» Exercise inputs:

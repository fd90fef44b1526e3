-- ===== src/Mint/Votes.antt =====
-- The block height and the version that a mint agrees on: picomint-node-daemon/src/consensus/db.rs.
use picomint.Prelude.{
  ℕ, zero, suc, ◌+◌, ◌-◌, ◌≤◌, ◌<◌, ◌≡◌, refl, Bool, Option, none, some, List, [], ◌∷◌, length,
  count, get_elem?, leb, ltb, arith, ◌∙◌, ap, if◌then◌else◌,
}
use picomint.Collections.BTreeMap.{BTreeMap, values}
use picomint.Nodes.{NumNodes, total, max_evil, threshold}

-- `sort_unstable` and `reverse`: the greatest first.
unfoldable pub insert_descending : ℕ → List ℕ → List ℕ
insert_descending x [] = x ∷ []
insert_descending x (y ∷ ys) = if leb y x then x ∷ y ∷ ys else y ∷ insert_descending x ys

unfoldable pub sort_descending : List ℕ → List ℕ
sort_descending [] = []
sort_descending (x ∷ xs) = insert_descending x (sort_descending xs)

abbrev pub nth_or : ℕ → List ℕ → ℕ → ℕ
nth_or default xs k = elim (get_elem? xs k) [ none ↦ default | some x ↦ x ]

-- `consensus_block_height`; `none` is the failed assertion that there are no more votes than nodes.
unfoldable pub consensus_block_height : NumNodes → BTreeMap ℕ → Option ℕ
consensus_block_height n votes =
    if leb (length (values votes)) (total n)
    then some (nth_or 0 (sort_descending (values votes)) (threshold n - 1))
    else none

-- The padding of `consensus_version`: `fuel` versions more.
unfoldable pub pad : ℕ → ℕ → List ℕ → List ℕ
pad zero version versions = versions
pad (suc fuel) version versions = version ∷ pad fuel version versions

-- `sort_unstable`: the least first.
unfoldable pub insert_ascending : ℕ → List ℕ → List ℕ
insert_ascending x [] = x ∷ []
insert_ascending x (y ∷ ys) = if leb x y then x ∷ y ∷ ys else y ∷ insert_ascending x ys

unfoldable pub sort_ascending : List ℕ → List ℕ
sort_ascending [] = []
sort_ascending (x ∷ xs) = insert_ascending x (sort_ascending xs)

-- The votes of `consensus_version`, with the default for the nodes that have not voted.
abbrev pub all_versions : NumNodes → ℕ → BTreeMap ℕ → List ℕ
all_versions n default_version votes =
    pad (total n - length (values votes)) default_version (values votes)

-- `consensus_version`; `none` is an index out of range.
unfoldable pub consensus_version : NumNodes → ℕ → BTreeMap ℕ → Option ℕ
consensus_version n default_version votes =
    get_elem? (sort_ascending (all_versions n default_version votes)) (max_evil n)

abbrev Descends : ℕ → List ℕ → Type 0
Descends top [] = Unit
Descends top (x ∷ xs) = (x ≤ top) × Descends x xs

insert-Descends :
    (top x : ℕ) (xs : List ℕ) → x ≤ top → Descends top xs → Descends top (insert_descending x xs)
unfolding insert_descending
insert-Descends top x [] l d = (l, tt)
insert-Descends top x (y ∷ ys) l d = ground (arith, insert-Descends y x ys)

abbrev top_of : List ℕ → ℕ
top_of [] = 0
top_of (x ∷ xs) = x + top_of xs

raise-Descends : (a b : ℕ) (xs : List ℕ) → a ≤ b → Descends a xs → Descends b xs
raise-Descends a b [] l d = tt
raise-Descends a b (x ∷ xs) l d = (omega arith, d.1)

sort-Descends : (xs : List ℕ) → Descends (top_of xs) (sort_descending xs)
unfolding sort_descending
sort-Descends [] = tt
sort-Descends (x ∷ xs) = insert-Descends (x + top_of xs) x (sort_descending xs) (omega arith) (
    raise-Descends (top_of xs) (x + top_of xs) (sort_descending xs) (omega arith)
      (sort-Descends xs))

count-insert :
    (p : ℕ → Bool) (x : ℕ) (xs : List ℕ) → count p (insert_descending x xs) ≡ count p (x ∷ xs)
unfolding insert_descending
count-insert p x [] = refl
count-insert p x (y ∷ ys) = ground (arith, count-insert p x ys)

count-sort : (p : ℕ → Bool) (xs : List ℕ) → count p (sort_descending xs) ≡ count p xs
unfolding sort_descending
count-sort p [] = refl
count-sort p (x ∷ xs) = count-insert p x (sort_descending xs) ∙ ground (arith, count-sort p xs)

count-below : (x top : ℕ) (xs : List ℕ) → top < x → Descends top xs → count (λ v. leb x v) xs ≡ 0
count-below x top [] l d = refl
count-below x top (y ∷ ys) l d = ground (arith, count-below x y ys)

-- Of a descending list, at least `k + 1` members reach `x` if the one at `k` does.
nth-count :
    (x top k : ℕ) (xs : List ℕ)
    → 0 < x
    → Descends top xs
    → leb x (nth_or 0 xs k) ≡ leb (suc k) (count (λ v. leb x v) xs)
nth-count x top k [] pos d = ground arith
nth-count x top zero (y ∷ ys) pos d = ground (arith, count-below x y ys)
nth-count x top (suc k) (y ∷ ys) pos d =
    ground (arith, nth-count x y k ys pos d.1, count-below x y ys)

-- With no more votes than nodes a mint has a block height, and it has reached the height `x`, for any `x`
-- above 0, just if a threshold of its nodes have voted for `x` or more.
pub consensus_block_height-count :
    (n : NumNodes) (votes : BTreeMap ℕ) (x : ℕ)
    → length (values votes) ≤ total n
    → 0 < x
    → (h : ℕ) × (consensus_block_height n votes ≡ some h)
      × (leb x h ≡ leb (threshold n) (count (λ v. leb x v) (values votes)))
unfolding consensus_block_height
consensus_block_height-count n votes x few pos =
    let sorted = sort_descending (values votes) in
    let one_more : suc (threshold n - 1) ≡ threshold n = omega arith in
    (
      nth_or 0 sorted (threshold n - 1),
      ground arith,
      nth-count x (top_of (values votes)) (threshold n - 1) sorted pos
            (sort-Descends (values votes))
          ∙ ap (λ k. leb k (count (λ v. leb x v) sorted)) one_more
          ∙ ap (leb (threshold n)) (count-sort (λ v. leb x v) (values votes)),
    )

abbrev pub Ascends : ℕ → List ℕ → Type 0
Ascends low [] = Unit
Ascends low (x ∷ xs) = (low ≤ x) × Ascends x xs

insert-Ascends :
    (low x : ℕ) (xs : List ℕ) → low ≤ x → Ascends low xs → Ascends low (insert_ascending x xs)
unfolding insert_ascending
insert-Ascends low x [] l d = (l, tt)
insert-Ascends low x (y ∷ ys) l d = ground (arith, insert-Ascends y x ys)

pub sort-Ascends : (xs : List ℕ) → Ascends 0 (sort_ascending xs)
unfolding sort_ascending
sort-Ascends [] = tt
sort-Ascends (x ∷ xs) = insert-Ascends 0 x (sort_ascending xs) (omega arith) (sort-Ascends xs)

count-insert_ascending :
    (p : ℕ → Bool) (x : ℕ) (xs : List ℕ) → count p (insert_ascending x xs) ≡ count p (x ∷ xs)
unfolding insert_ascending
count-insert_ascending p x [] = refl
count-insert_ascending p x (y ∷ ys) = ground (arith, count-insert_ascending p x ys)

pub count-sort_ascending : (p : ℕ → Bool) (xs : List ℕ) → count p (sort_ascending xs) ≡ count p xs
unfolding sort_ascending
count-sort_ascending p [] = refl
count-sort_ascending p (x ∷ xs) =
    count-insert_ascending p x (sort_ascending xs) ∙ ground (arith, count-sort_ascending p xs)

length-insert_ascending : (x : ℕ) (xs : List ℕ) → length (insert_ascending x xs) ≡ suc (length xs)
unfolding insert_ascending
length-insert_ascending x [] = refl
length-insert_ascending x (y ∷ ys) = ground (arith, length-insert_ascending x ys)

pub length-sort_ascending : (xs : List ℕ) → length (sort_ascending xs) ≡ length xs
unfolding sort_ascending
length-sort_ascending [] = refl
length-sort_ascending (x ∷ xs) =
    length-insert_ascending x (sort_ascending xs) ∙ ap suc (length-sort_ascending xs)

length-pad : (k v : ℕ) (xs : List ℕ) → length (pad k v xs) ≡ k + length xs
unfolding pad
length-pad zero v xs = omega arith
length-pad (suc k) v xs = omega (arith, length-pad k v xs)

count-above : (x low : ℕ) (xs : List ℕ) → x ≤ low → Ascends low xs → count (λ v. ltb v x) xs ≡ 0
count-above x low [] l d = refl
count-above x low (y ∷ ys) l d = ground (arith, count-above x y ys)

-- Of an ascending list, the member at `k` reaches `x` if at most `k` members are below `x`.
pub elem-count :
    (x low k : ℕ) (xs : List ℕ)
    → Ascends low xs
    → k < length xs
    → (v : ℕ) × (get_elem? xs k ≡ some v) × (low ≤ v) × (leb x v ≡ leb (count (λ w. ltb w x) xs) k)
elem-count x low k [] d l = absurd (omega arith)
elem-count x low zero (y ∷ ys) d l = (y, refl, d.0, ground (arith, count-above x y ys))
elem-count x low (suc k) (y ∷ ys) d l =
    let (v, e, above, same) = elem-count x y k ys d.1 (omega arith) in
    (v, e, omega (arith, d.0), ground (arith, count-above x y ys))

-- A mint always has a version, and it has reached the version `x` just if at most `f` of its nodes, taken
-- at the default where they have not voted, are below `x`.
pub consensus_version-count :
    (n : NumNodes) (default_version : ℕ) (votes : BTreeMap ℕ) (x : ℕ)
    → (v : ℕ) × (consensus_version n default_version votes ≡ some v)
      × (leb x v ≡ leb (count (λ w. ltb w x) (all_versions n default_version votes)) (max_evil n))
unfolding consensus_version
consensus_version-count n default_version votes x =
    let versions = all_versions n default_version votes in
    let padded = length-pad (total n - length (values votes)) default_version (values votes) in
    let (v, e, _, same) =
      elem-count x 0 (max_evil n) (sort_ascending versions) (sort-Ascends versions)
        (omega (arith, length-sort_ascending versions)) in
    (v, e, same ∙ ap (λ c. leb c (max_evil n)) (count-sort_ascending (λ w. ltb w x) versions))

--

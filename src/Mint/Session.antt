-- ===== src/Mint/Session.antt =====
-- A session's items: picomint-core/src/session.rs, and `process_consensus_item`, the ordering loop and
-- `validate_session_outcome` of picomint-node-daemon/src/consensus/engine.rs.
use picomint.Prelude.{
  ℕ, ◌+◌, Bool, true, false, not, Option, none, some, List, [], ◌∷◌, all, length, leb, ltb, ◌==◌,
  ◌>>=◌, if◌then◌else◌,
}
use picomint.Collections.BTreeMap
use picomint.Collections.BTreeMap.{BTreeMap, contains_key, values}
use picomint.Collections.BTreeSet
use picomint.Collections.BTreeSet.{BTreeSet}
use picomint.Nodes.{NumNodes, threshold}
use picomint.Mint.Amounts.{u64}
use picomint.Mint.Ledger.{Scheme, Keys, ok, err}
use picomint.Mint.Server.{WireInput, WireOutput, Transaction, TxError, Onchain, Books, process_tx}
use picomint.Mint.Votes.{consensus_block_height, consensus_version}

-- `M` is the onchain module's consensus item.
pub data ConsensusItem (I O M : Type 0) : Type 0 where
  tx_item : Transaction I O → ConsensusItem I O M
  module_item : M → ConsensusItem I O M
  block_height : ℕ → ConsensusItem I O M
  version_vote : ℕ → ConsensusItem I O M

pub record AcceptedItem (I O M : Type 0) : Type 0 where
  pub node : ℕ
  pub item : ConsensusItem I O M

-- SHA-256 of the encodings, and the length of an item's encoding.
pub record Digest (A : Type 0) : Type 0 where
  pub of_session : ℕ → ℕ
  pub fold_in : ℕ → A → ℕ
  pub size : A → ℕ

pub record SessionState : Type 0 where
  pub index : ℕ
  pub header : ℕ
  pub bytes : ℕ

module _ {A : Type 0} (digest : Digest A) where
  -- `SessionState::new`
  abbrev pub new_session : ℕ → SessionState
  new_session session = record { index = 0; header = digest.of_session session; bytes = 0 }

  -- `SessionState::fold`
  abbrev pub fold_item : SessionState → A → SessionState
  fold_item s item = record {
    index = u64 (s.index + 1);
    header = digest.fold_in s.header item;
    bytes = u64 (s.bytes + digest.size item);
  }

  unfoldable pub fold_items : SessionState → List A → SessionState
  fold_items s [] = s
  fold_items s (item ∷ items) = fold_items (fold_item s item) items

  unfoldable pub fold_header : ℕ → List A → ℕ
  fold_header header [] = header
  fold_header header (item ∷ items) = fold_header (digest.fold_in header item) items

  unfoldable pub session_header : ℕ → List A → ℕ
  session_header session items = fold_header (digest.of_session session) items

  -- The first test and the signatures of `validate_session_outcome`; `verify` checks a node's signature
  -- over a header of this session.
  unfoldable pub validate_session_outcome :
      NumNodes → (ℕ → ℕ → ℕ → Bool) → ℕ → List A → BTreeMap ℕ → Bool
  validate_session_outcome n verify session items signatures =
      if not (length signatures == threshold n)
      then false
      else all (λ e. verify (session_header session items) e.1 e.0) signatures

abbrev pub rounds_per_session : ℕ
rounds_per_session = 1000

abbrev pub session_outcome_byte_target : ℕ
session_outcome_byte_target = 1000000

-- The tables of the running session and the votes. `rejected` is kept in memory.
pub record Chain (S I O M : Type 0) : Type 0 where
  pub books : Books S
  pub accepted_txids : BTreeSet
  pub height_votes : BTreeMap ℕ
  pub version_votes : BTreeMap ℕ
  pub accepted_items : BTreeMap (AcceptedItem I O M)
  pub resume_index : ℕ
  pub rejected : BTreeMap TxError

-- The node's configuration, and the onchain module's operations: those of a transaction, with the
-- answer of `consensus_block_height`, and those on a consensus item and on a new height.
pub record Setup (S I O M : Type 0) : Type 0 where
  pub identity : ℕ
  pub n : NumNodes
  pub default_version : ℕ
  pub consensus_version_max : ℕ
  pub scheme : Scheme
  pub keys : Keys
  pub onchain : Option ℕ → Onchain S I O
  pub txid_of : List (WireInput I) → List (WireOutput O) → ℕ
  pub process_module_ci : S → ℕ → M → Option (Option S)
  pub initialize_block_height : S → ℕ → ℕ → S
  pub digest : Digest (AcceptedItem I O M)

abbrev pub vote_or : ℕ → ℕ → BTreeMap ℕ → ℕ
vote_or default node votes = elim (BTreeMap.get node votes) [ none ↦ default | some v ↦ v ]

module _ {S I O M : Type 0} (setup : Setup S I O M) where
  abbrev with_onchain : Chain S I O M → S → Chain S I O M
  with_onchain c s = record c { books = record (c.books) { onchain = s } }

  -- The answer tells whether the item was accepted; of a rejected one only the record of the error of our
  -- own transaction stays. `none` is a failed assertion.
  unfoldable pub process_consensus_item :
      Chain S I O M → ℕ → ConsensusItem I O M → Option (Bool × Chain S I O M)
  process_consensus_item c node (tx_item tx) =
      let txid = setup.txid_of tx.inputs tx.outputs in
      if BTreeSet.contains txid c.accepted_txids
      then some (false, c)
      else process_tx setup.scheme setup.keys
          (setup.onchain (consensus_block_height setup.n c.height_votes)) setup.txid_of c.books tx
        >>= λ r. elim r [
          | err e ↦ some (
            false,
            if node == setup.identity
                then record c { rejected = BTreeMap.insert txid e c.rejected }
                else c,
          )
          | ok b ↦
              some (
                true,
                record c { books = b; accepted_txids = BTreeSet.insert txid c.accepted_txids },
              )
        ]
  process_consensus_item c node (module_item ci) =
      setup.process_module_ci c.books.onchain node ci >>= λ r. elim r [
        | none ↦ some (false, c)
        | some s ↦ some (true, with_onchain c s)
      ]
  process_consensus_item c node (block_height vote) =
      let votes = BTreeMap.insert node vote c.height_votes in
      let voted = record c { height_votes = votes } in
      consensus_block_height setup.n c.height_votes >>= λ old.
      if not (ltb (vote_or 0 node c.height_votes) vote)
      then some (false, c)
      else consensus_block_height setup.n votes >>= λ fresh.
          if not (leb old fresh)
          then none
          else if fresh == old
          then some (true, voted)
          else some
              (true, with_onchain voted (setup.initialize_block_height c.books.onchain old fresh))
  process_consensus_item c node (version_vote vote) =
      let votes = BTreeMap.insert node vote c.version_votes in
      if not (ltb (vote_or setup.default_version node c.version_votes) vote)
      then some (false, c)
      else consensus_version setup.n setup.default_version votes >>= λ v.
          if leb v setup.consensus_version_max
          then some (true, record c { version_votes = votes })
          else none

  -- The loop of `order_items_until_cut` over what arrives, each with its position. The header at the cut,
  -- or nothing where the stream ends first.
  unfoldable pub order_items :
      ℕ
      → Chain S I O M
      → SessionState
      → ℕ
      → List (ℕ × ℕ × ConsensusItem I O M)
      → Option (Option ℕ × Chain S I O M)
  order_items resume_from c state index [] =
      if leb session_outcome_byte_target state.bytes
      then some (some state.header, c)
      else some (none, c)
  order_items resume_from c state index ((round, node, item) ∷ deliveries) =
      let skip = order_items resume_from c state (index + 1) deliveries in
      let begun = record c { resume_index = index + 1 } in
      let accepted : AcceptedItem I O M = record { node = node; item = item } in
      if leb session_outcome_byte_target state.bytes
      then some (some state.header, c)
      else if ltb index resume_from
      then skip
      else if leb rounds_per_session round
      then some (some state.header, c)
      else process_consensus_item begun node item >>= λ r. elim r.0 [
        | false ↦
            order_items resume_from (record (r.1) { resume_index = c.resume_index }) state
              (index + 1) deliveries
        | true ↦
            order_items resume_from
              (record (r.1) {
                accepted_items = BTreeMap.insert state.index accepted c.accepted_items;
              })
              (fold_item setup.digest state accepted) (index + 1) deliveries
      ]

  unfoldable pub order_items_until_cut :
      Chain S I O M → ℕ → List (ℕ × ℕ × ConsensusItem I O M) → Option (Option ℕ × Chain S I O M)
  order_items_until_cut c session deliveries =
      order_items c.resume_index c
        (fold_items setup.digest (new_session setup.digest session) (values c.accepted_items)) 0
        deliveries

» Instructions for the task:
Would you print exactly and only the lines of the material above that run from the line with "repository fd90fef44b1526e3" through the line with "abbrev pub nth_or : ℕ → List ℕ → ℕ → ℕ", both included?

» Worked solution:
repository fd90fef44b1526e3
-- ===== src/Mint/Votes.antt =====
-- The block height and the version that a mint agrees on: picomint-node-daemon/src/consensus/db.rs.
use picomint.Prelude.{
  ℕ, zero, suc, ◌+◌, ◌-◌, ◌≤◌, ◌<◌, ◌≡◌, refl, Bool, Option, none, some, List, [], ◌∷◌, length,
  count, get_elem?, leb, ltb, arith, ◌∙◌, ap, if◌then◌else◌,
}
use picomint.Collections.BTreeMap.{BTreeMap, values}
use picomint.Nodes.{NumNodes, total, max_evil, threshold}

-- `sort_unstable` and `reverse`: the greatest first.
unfoldable pub insert_descending : ℕ → List ℕ → List ℕ
insert_descending x [] = x ∷ []
insert_descending x (y ∷ ys) = if leb y x then x ∷ y ∷ ys else y ∷ insert_descending x ys

unfoldable pub sort_descending : List ℕ → List ℕ
sort_descending [] = []
sort_descending (x ∷ xs) = insert_descending x (sort_descending xs)

abbrev pub nth_or : ℕ → List ℕ → ℕ → ℕ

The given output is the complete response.